Stored data:
★ ★ ★ ★ ★

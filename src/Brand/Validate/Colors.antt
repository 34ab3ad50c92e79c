-- ===== src/Brand/Validate/Colors.antt =====
-- Which texts are colours.
use Prim.Native.Char.{code}
use lite_nova.Prelude.{
  ℕ, zero, suc, ◌≡◌, ◌↔◌, ◌⊎◌, refl, true, false, Bool, String, arith, ◌==◌, ◌||◌, ◌&&◌, leb,
}
use lite_nova.Brand.Validate.{is_hex, is_hex_color}

-- Some character of a text has a code.
abbrev pub occurs : ℕ → String → Bool
occurs n String.[] = false
occurs n (String.◌∷◌ c s) = code c == n || occurs n s

-- Every character of a text is among those of another.
abbrev pub consists_of : String → String → Bool
consists_of digits String.[] = true
consists_of digits (String.◌∷◌ c s) = occurs (code c) digits && consists_of digits s

-- The number of characters.
abbrev pub size : String → ℕ
size String.[] = 0
size (String.◌∷◌ c s) = suc (size s)

abbrev pub hex_digits : String
hex_digits = "0123456789abcdefABCDEF"

-- # and three or six hexadecimal digits.
abbrev pub IsColor : String → Type 0
IsColor String.[] = ⊥
IsColor (String.◌∷◌ c s) =
    (code c ≡ 35) × (consists_of hex_digits s ≡ true) × ((size s ≡ 3) ⊎ (size s ≡ 6))

digit_eq :
    (n : ℕ)
    → (leb 48 n && leb n 57 || (leb 97 n && leb n 102 || leb 65 n && leb n 70))
      ≡ occurs n hex_digits
digit_eq n = ground arith

digit_step :
    (a b x y : Bool) (m n : ℕ)
    → a ≡ b
    → (x ≡ true) ↔ (y ≡ true) × (m ≡ n)
    → ((a && x) ≡ true) ↔ ((b && y) ≡ true) × (suc m ≡ suc n)
digit_step a b x y m n e iff = ground (arith, iff)

is_hex_iff :
    (n : ℕ) (s : String) → (is_hex n s ≡ true) ↔ (consists_of hex_digits s ≡ true) × (size s ≡ n)
unfolding is_hex
is_hex_iff zero String.[] = (λ h. (refl, refl), λ h. refl)
is_hex_iff zero (String.◌∷◌ c s) = ground arith
is_hex_iff (suc n) String.[] = ground arith
is_hex_iff (suc n) (String.◌∷◌ c s) =
    digit_step _ _ _ _ (size s) n (digit_eq (code c)) (is_hex_iff n s)

color_step :
    (k : ℕ) (x y z : Bool) (m : ℕ)
    → (x ≡ true) ↔ (z ≡ true) × (m ≡ 3)
    → (y ≡ true) ↔ (z ≡ true) × (m ≡ 6)
    → (((k == 35) && (x || y)) ≡ true) ↔ (k ≡ 35) × (z ≡ true) × ((m ≡ 3) ⊎ (m ≡ 6))
color_step k x y z m three six = ground (arith, three, six)

pub is_hex_color_iff : (s : String) → (is_hex_color s ≡ true) ↔ IsColor s
unfolding is_hex_color
is_hex_color_iff String.[] = ground arith
is_hex_color_iff (String.◌∷◌ c s) =
    color_step (code c) _ _ _ (size s) (is_hex_iff 3 s) (is_hex_iff 6 s)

★ ★ ★ ★ ★

▸ **Work request**
Return every entry above with nothing altered.

▸ **Expected answer**
filename src/Brand/Validate/Colors.antt
repository 34ab3ad50c92e79c
-- ===== src/Brand/Validate/Colors.antt =====
-- Which texts are colours.
use Prim.Native.Char.{code}
use lite_nova.Prelude.{
  ℕ, zero, suc, ◌≡◌, ◌↔◌, ◌⊎◌, refl, true, false, Bool, String, arith, ◌==◌, ◌||◌, ◌&&◌, leb,
}
use lite_nova.Brand.Validate.{is_hex, is_hex_color}

-- Some character of a text has a code.
abbrev pub occurs : ℕ → String → Bool
occurs n String.[] = false
occurs n (String.◌∷◌ c s) = code c == n || occurs n s

-- Every character of a text is among those of another.
abbrev pub consists_of : String → String → Bool
consists_of digits String.[] = true
consists_of digits (String.◌∷◌ c s) = occurs (code c) digits && consists_of digits s

-- The number of characters.
abbrev pub size : String → ℕ
size String.[] = 0
size (String.◌∷◌ c s) = suc (size s)

abbrev pub hex_digits : String
hex_digits = "0123456789abcdefABCDEF"

-- # and three or six hexadecimal digits.
abbrev pub IsColor : String → Type 0
IsColor String.[] = ⊥
IsColor (String.◌∷◌ c s) =
    (code c ≡ 35) × (consists_of hex_digits s ≡ true) × ((size s ≡ 3) ⊎ (size s ≡ 6))

digit_eq :
    (n : ℕ)
    → (leb 48 n && leb n 57 || (leb 97 n && leb n 102 || leb 65 n && leb n 70))
      ≡ occurs n hex_digits
digit_eq n = ground arith

digit_step :
    (a b x y : Bool) (m n : ℕ)
    → a ≡ b
    → (x ≡ true) ↔ (y ≡ true) × (m ≡ n)
    → ((a && x) ≡ true) ↔ ((b && y) ≡ true) × (suc m ≡ suc n)
digit_step a b x y m n e iff = ground (arith, iff)

is_hex_iff :
    (n : ℕ) (s : String) → (is_hex n s ≡ true) ↔ (consists_of hex_digits s ≡ true) × (size s ≡ n)
unfolding is_hex
is_hex_iff zero String.[] = (λ h. (refl, refl), λ h. refl)
is_hex_iff zero (String.◌∷◌ c s) = ground arith
is_hex_iff (suc n) String.[] = ground arith
is_hex_iff (suc n) (String.◌∷◌ c s) =
    digit_step _ _ _ _ (size s) n (digit_eq (code c)) (is_hex_iff n s)

color_step :
    (k : ℕ) (x y z : Bool) (m : ℕ)
    → (x ≡ true) ↔ (z ≡ true) × (m ≡ 3)
    → (y ≡ true) ↔ (z ≡ true) × (m ≡ 6)
    → (((k == 35) && (x || y)) ≡ true) ↔ (k ≡ 35) × (z ≡ true) × ((m ≡ 3) ⊎ (m ≡ 6))
color_step k x y z m three six = ground (arith, three, six)

pub is_hex_color_iff : (s : String) → (is_hex_color s ≡ true) ↔ IsColor s
unfolding is_hex_color
is_hex_color_iff String.[] = ground arith
is_hex_color_iff (String.◌∷◌ c s) =
    color_step (code c) _ _ _ (size s) (is_hex_iff 3 s) (is_hex_iff 6 s)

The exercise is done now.